Consider a CSV file with the following contents:
$ cat file
Unix,10,A
Linux,30,B
Solaris,40,C
Fedora,20,D
Ubuntu,50,E
1. To insert a new column (say serial number) before the 1st column
$ awk -F, '{$1=++i FS $1;}1' OFS=, file
1,Unix,10,A
2,Linux,30,B
3,Solaris,40,C
4,Fedora,20,D
5,Ubuntu,50,E
$1=++i FS $1 => Space is used to concatenate columns in awk. This expression concatenates a new field(++i) with the 1st field along with the delimiter(FS), and assigns it back to the 1st field($1). FS contains the file delimiter.

2. To insert a new column after the last column
$ awk -F, '{$(NF+1)=++i;}1' OFS=, file
Unix,10,A,1
Linux,30,B,2
Solaris,40,C,3
Fedora,20,D,4
Ubuntu,50,E,5
$NF indicates the value of last column. Hence,by assigning something to $(NF+1), a new field is inserted at the end automatically.

3. Add 2 columns after the last column:
$ awk -F, '{$(NF+1)=++i FS "X";}1' OFS=, file
Unix,10,A,1,X
Linux,30,B,2,X
Solaris,40,C,3,X
Fedora,20,D,4,X
Ubuntu,50,E,5,X
The explanation gives for the above 2 examples holds good here.

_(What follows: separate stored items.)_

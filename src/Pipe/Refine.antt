-- ===== src/Pipe/Refine.antt =====
-- pipewrite and piperead against a bounded queue of bytes.
use osp.Prelude.{
  ℕ, zero, suc, ◌+◌, ◌-◌, ◌%◌, ◌^◌, ◌<◌, ◌≡◌, refl, inl, inr, Bool, true, false, not, ◌&&◌, ◌||◌,
  List, [], ◌∷◌, ◌++◌, arith, leb, ◌==◌, if◌then◌else◌, length, take, drop, Bool-cases, ap, ◌∙◌,
  sym, take-nil, ◌⊎◌,
}
use mathlib.Core.List.{append-nil, append_assoc}
use osp.Pipe.{
  pipesize, Pipe, nread_chan, nwrite_chan, Chan, Wrote, put, is_full, pipewrite, Read, copy_out,
  piperead,
}
use osp.Pipe.Window.{size, contents, IsValid, window-mod, window-put}

full_iff : (p : Pipe) → IsValid p → is_full p ≡ (size p == pipesize)
full_iff p v = ground arith

-- A byte put into a pipe that is not full stands behind the others.
module _ (b : ℕ) (p : Pipe) (v : IsValid p) (room : size p < pipesize) where
  size-put : size (put b p) ≡ suc (size p)
  unfolding put
  size-put = omega (arith, v.read_word, v.write_word)

  put-IsValid : IsValid (put b p)
  unfolding put
  put-IsValid = record {
    read_word = v.read_word;
    write_word = omega arith;
    fits = omega (arith, v.read_word, v.write_word);
  }

  contents-put : contents (put b p) ≡ contents p ++ (b ∷ [])
  unfolding put
  contents-put = rw size-put (
      window-put p.bytes b p.nread (size p) (p.nwrite % pipesize) room
        (omega (arith, v.read_word, v.write_word)))

-- Bytes that the pipe still takes.
abbrev pub free : Pipe → ℕ
free p = pipesize - size p

-- What a write must have done when it stops.
pub record Writes (killed : Bool) (bs : List ℕ) (p : Pipe) (out : Wrote × Pipe × List Chan)
    : Type 0 where
  pub valid : IsValid out.1
  pub bytes : contents out.1 ≡ contents p ++ take (free p) bs
  pub status : out.0 ≡ (
      if leb (length bs) (free p)
      then Wrote.done
      else if not p.readopen || killed
      then Wrote.failed
      else Wrote.asleep (drop (free p) bs))
  pub flags : (out.1.readopen ≡ p.readopen) × (out.1.writeopen ≡ p.writeopen)
  pub position : out.1.nread ≡ p.nread

take-free :
    (p : Pipe) (b : ℕ) (bs : List ℕ) (k : ℕ)
    → free p ≡ suc k
    → take (free p) (b ∷ bs) ≡ b ∷ take k bs
take-free p b bs k e = rw e

-- With no room a write stops at once.
stuck-Writes :
    (killed : Bool) (b : ℕ) (bs : List ℕ) (p : Pipe)
    → IsValid p
    → free p ≡ 0
    → Writes killed (b ∷ bs) p (
        if not p.readopen || killed
        then (Wrote.failed, p, [])
        else (Wrote.asleep (b ∷ bs), p, nread_chan ∷ []))
stuck-Writes killed b bs p v e = elim (Bool-cases (not p.readopen || killed)) [
  | inl stop ↦ rw stop (record {
    valid = v;
    bytes = same;
    status = rw (e, stop) (ground arith);
    flags = (refl, refl);
    position = refl;
  })
  | inr wait ↦ rw wait (record {
    valid = v;
    bytes = same;
    status = rw (e, wait) (ground arith);
    flags = (refl, refl);
    position = refl;
  })
]
  where
    same : contents p ≡ contents p ++ take (free p) (b ∷ bs)
    same = rw e (sym (append-nil (contents p)))

-- The status after one byte more, from that of the rest.
status_step :
    (killed : Bool) (b : ℕ) (bs : List ℕ) (p : Pipe) (k : ℕ)
    → free p ≡ suc k
    → (if leb (length bs) k
        then Wrote.done
        else if not p.readopen || killed
        then Wrote.failed
        else Wrote.asleep (drop k bs))
      ≡ (if leb (length (b ∷ bs)) (free p)
          then Wrote.done
          else if not p.readopen || killed
          then Wrote.failed
          else Wrote.asleep (drop (free p) (b ∷ bs)))
status_step killed b bs p k e = rw e (ground arith)

-- pipewrite takes as many bytes as there is room for, in order. It then reports that all are written,
-- or -1 if no one can read or the caller is killed, or sleeps with the others left over.
pub pipewrite-Writes :
    (killed : Bool) (bs : List ℕ) (p : Pipe)
    → IsValid p
    → Writes killed bs p (pipewrite killed bs p)
unfolding pipewrite
pipewrite-Writes killed [] p v = record {
  valid = v;
  bytes = sym (append-nil (contents p)) ∙ ap (λ l. contents p ++ l) (sym (take-nil ℕ (free p)));
  status = ground arith;
  flags = (refl, refl);
  position = refl;
}
pipewrite-Writes killed (b ∷ bs) p v = elim (Bool-cases (is_full p)) [
  | inl full ↦
      let none_left : free p ≡ 0 = ground (arith, full_iff p v) in
      rw full (stuck-Writes killed b bs p v none_left)
  | inr open_ ↦
      let room : size p < pipesize = ground (arith, full_iff p v, v.fits) in
      let left : free p ≡ suc (free (put b p)) = omega (arith, size-put b p v room) in
      let w = pipewrite-Writes killed bs (put b p) (put-IsValid b p v room) in
      rw open_ (record {
        valid = w.valid;
        bytes =
            w.bytes
            ∙ ap (λ l. l ++ take (free (put b p)) bs) (contents-put b p v room)
            ∙ append_assoc (contents p) (b ∷ []) (take (free (put b p)) bs)
            ∙ ap (λ l. contents p ++ l) (sym (take-free p b bs (free (put b p)) left));
        status = w.status ∙ status_step killed b bs p (free (put b p)) left;
        flags = w.flags;
        position = w.position;
      })
]

-- What a copy of at most `n` bytes must have done.
pub record Copies (n : ℕ) (p : Pipe) (out : List ℕ × Pipe) : Type 0 where
  pub valid : IsValid out.1
  pub copied : out.0 ≡ take n (contents p)
  pub left : contents out.1 ≡ drop n (contents p)
  pub flags : (out.1.readopen ≡ p.readopen) × (out.1.writeopen ≡ p.writeopen)

-- The pipe after one byte is taken.
abbrev popped : Pipe → Pipe
popped p = record p { nread = (p.nread + 1) % 2 ^ 32 }

module _ (p : Pipe) (v : IsValid p) (k : ℕ) (some_bytes : size p ≡ suc k) where
  popped-IsValid : IsValid (popped p)
  popped-IsValid = record {
    read_word = omega arith;
    write_word = v.write_word;
    fits = omega (arith, v.read_word, v.write_word, v.fits);
  }

  contents-popped : contents p ≡ p.bytes (p.nread % pipesize) ∷ contents (popped p)
  contents-popped =
      let less : size (popped p) ≡ k = omega (arith, v.read_word, v.write_word, v.fits) in
      rw (some_bytes, less)
        (ap (λ l. p.bytes (p.nread % pipesize) ∷ l)
          (window-mod p.bytes (p.nread + 1) ((p.nread + 1) % 2 ^ 32) k (omega arith)))

drop-nil : (n : ℕ) → drop {A = ℕ} n [] ≡ []
drop-nil zero = refl
drop-nil (suc n) = refl

copy_out-Copies : (n : ℕ) (p : Pipe) → IsValid p → Copies n p (copy_out n p)
unfolding copy_out
copy_out-Copies zero p v = record { valid = v; copied = refl; left = refl; flags = (refl, refl) }
copy_out-Copies (suc n) p v = elim (Bool-cases (p.nread == p.nwrite)) [
  | inl empty ↦
      let none_held : size p ≡ 0 = ground (arith, v.read_word) in
      rw empty
        (record { valid = v; copied = rw none_held; left = rw none_held; flags = (refl, refl) })
  | inr more ↦
      let held : size p ≡ suc (size p - 1) = ground (arith, v.read_word, v.write_word) in
      let c = copy_out-Copies n (popped p) (popped-IsValid p v (size p - 1) held) in
      let split = contents-popped p v (size p - 1) held in
      rw more (record {
        valid = c.valid;
        copied =
            ap (λ l. p.bytes (p.nread % pipesize) ∷ l) c.copied ∙ ap (take (suc n)) (sym split);
        left = c.left ∙ ap (drop (suc n)) (sym split);
        flags = c.flags;
      })
]

empty_iff : (p : Pipe) → IsValid p → (p.nread == p.nwrite) ≡ (size p == 0)
empty_iff p v = ground arith

-- The pipe is empty and has a writer: the call fails or sleeps, and changes nothing.
abbrev pub Waits : Bool → ℕ → Pipe → Type 0
Waits killed n p =
    (((size p == 0) && p.writeopen) ≡ true)
    × (piperead killed n p ≡ (if killed then Read.failed else Read.asleep, p, []))

-- The call returns the bytes at the front, `n` at most.
abbrev pub Gets : Bool → ℕ → Pipe → Type 0
Gets killed n p =
    (p' : Pipe) × (((size p == 0) && p.writeopen) ≡ false)
    × (piperead killed n p ≡ (Read.got (take n (contents p)), p', nwrite_chan ∷ []))
    × IsValid p'
    × (contents p' ≡ drop n (contents p))
    × (p'.readopen ≡ p.readopen)
    × (p'.writeopen ≡ p.writeopen)

-- piperead on an empty pipe with a writer: -1 for a killed caller, else it sleeps; nothing changes.
-- Otherwise it returns the first `n` bytes, or all if there are fewer, and leaves the others.
pub piperead-Copies :
    (killed : Bool) (n : ℕ) (p : Pipe) → IsValid p → Waits killed n p ⊎ Gets killed n p
unfolding piperead
piperead-Copies killed n p v = elim (Bool-cases (p.nread == p.nwrite && p.writeopen)) [
  | inl wait ↦ inl (rw (← empty_iff p v) wait, rw wait (one_pipe killed))
  | inr ready ↦
      let c = copy_out-Copies n p v in
      inr (
        (copy_out n p).1,
        rw (← empty_iff p v) ready,
        rw ready (ap (λ l. (Read.got l, (copy_out n p).1, nwrite_chan ∷ [])) c.copied),
        c.valid,
        c.left,
        c.flags.0,
        c.flags.1,
      )
]
  where
    one_pipe :
        (stop : Bool)
        → ◌≡◌ {A = Read × Pipe × List Chan}
            (if stop then (Read.failed, p, []) else (Read.asleep, p, []))
            (if stop then Read.failed else Read.asleep, p, [])
    one_pipe true = refl
    one_pipe false = refl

4. To insert a column before the 2nd last column
$ awk -F, '{$(NF-1)=++i FS $(NF-1);}1' OFS=, file
Unix,1,10,A
Linux,2,30,B
Solaris,3,40,C
Fedora,4,20,D
Ubuntu,5,50,E
NF-1 points to the 2nd last column. Hence, by concatenating the serial number in the beginning of NF-1 ends up in inserting a column before the 2nd last.

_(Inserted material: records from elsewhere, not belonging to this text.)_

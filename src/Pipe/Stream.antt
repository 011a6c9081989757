-- ===== src/Pipe/Stream.antt =====
-- A writer and a reader on one pipe: every interleaving delivers the writer's bytes in order.
use osp.Prelude.{
  ℕ, zero, suc, ◌≤◌, ◌≡◌, refl, ◌⊎◌, inl, inr, true, false, not, ◌||◌, List, [], ◌∷◌, ◌++◌, arith,
  leb, if◌then◌else◌, length, take, drop, Bool-cases, ap, ◌∙◌,
}
use mathlib.Core.List.{append-nil, append_assoc}
use osp.Pipe.{Pipe, Wrote, pipewrite, Read, piperead}
use osp.Pipe.Window.{contents, IsValid}
use osp.Pipe.Refine.{free, pipewrite-Writes, Waits, Gets, piperead-Copies}

-- The writer has still to send `todo`; the reader has `received` so far.
pub record System : Type 0 where
  pub pipe : Pipe
  pub todo : List ℕ
  pub received : List ℕ

-- The scheduler lets the writer go on with its call, or the reader make a call for `n` bytes.
pub data Turn : Type 0 where
  writer : Turn
  reader : ℕ → Turn

-- What the writer has left when its call stops.
abbrev pub unsent : Wrote → List ℕ → List ℕ
unsent Wrote.done bs = []
unsent Wrote.failed bs = bs
unsent (Wrote.asleep rest) bs = rest

abbrev pub obtained : Read → List ℕ
obtained (Read.got bs) = bs
obtained Read.failed = []
obtained Read.asleep = []

unfoldable pub turn : Turn → System → System
turn writer s =
    let (w, p, _) = pipewrite false s.todo s.pipe in record s { pipe = p; todo = unsent w s.todo }
turn (reader n) s =
    let (r, p, _) = piperead false n s.pipe in
    record s { pipe = p; received = s.received ++ obtained r }

unfoldable pub play : List Turn → System → System
unfolding turn
play [] s = s
play (t ∷ ts) s = play ts (turn t s)

-- The bytes received, those in the pipe and those still to be sent are the message.
pub record Carries (message : List ℕ) (s : System) : Type 0 where
  pub valid : IsValid s.pipe
  pub can_read : s.pipe.readopen ≡ true
  pub whole : s.received ++ contents s.pipe ++ s.todo ≡ message

take-drop : (n : ℕ) (xs : List ℕ) → take n xs ++ drop n xs ≡ xs
take-drop zero xs = refl
take-drop (suc n) [] = refl
take-drop (suc n) (x ∷ xs) = rw (take-drop n xs)

take-all : (n : ℕ) (xs : List ℕ) → length xs ≤ n → take n xs ≡ xs
take-all zero [] h = refl
take-all zero (x ∷ xs) h = absurd (omega arith)
take-all (suc n) [] h = refl
take-all (suc n) (x ∷ xs) h = rw (take-all n xs (omega arith))

-- With a reader at the other end, what a write has taken and what it has left make up the bytes.
unsent_rest :
    (bs : List ℕ) (p : Pipe) (w : Wrote)
    → p.readopen ≡ true
    → w ≡ (
        if leb (length bs) (free p)
        then Wrote.done
        else if not p.readopen || false
        then Wrote.failed
        else Wrote.asleep (drop (free p) bs))
    → take (free p) bs ++ unsent w bs ≡ bs
unsent_rest bs p w can e = elim (Bool-cases (leb (length bs) (free p))) [
  | inl fits ↦ rw (e, fits) (append-nil (take (free p) bs) ∙ take-all (free p) bs (ground arith))
  | inr over ↦ rw (e, over, can) (take-drop (free p) bs)
]

regroup : (a b c d : List ℕ) → a ++ (b ++ c) ++ d ≡ a ++ b ++ (c ++ d)
regroup a b c d = simp append_assoc

rejoin : (a b c d : List ℕ) → a ++ b ++ c ++ d ≡ a ++ (b ++ c) ++ d
rejoin a b c d = simp append_assoc

turn_writer-Carries : (m : List ℕ) (s : System) → Carries m s → Carries m (turn writer s)
unfolding turn
turn_writer-Carries m s c =
    let w = pipewrite-Writes false s.todo s.pipe c.valid in
    let rest = unsent (pipewrite false s.todo s.pipe).0 s.todo in
    record {
      valid = w.valid;
      can_read = w.flags.0 ∙ c.can_read;
      whole =
          ap (λ l. s.received ++ l ++ rest) w.bytes
          ∙ regroup s.received (contents s.pipe) (take (free s.pipe) s.todo) rest
          ∙ ap (λ l. s.received ++ contents s.pipe ++ l)
              (unsent_rest s.todo s.pipe (pipewrite false s.todo s.pipe).0 c.can_read w.status)
          ∙ c.whole;
    }

turn_reader-Carries :
    (m : List ℕ) (n : ℕ) (s : System) → Carries m s → Carries m (turn (reader n) s)
unfolding turn
turn_reader-Carries m n s c = by_case (piperead-Copies false n s.pipe c.valid)
  where
    by_case : Waits false n s.pipe ⊎ Gets false n s.pipe → Carries m (turn (reader n) s)
    by_case (inl (_, e)) =
        rw e (record { valid = c.valid; can_read = c.can_read; whole = rw append-nil c.whole })
    by_case (inr (p', _, e, v, left, ro, _)) = rw e (record {
      valid = v;
      can_read = ro ∙ c.can_read;
      whole =
          ap (λ l. s.received ++ take n (contents s.pipe) ++ l ++ s.todo) left
          ∙ rejoin s.received (take n (contents s.pipe)) (drop n (contents s.pipe)) s.todo
          ∙ ap (λ l. s.received ++ l ++ s.todo) (take-drop n (contents s.pipe))
          ∙ c.whole;
    })

-- Whatever turns the scheduler gives to the two, the message stays whole and in order.
pub play-Carries : (ts : List Turn) (m : List ℕ) (s : System) → Carries m s → Carries m (play ts s)
unfolding play
play-Carries [] m s c = c
play-Carries (writer ∷ ts) m s c = play-Carries ts m (turn writer s) (turn_writer-Carries m s c)
play-Carries (reader n ∷ ts) m s c =
    play-Carries ts m (turn (reader n) s) (turn_reader-Carries m n s c)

5. Update 2nd column by adding 10 to the variable:
$ awk -F, '{$2+=10;}1' OFS=, file
Unix,20,A
Linux,40,B
Solaris,50,C
Fedora,30,D
Ubuntu,60,E
   $2 is incremented by 10.

6.Convert a specific column(1st column) to uppercase in the CSV file:
$ awk -F, '{$1=toupper($1)}1' OFS=, file
UNIX,10,A
LINUX,30,B
SOLARIS,40,C
FEDORA,20,D
UBUNTU,50,E
Using the toupper function of the awk, the 1st column is converted from lowercase to uppercase.

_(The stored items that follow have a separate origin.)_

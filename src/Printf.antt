-- ===== src/Printf.antt =====
-- xv6-public/printf.c: what printint and printf write. A string is the list of its characters.
pub mod RoundTrip
use mathlib.Core.List.{reverse}
use osp.Prelude.{
  ℕ, zero, suc, ◌+◌, ◌-◌, ◌*◌, ◌/◌, ◌%◌, ◌^◌, Bool, true, false, ◌&&◌, ◌||◌, List, [], ◌∷◌, ◌++◌,
  ltb, ◌==◌, if◌then◌else◌,
}
use osp.Mmap.{slt}

-- `digits[d]`.
abbrev pub digit : ℕ → ℕ
digit d = if ltb d 10 then b'0' + d else b'A' + (d - 10)

-- The `do` loop: `buf` from `i` on, least significant digit first.
unfoldable pub digits_loop : ℕ → ℕ → ℕ → List ℕ
digits_loop zero base x = []
digits_loop (suc fuel) base x =
    let more = digits_loop fuel base (x / base) in
    digit (x % base) ∷ (if x / base == 0 then [] else more)

-- One round for each digit; a base is 10 or 16.
abbrev pub digits_fuel : ℕ
digits_fuel = 10

unfoldable pub printint : ℕ → ℕ → Bool → List ℕ
printint xx base sgn =
    let neg = sgn && slt xx 0 in
    let x = if neg then (2 ^ 32 - xx) % 2 ^ 32 else xx in
    reverse (digits_loop digits_fuel base x ++ (if neg then b'-' ∷ [] else []))

-- The `if` chain of printf for the character behind a `%`. The arguments are the words on the stack;
-- `string` reads the string at an address.
unfoldable pub print_directive : (ℕ → List ℕ) → ℕ → ℕ → List ℕ
print_directive string c arg =
    if c == b'd'
    then printint arg 10 true
    else if c == b'x' || c == b'p'
    then printint arg 16 false
    else if c == b's'
    then (if arg == 0 then b'(' ∷ b'n' ∷ b'u' ∷ b'l' ∷ b'l' ∷ b')' ∷ [] else string arg)
    else if c == b'c'
    then arg % 2 ^ 8 ∷ []
    else if c == b'%'
    then b'%' ∷ []
    else b'%' ∷ c ∷ []

-- Whether the directive takes an argument.
abbrev pub takes_arg : ℕ → Bool
takes_arg c = c == b'd' || c == b'x' || c == b'p' || c == b's' || c == b'c'

-- The loop of printf; `percent` is its state, `ap` the index of the next argument.
unfoldable pub printf_loop : (ℕ → List ℕ) → (ℕ → ℕ) → Bool → ℕ → List ℕ → List ℕ
printf_loop string args percent ap [] = []
printf_loop string args false ap (c ∷ fmt) =
    if c == b'%'
    then printf_loop string args true ap fmt
    else c ∷ printf_loop string args false ap fmt
printf_loop string args true ap (c ∷ fmt) =
    print_directive string c (args ap)
    ++ printf_loop string args false (if takes_arg c then ap + 1 else ap) fmt

unfoldable pub printf : (ℕ → List ℕ) → (ℕ → ℕ) → List ℕ → List ℕ
printf string args fmt = printf_loop string args false 0 fmt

7. Extract only first 3 characters of a specific column(1st column):
$ awk -F, '{$1=substr($1,0,3)}1' OFS=, file
Uni,10,A
Lin,30,B
Sol,40,C
Fed,20,D
Ubu,50,E
Using the substr function of awk, a substring of only the first few characters can be retrieved.

8.Empty the value in the 2nd column:
$ awk -F, '{$2="";}1' OFS=, file
Unix,,A
Linux,,B
Solaris,,C
Fedora,,D
Ubuntu,,E
Set the variable of 2nd column($2) to blank(""). Now, when the line is printed, $2 will be blank.

9. Remove/Delete the 2nd column from the CSV file:
$ awk -F, '{for(i=1;i<=NF;i++)if(i!=x)f=f?f FS $i:$i;print f;f=""}' x=2 file
Unix,A
Linux,B
Solaris,C
Fedora,D
Ubuntu,E
By just emptying a particular column, the column stays as is with empty value. To remove a column, all the subsequent columns from that position, needs to be advanced one position ahead. The for loop loops on all the fields. Using the ternary operator, every column is concatenated to the variable  "f" provided it is not 2nd column using the FS as delimiter. At the end, the variable "f" is printed which contains the updated record. The column to be removed is passed through the awk variable "x" and hence just be setting the appropriate number in x, any specific column can be removed.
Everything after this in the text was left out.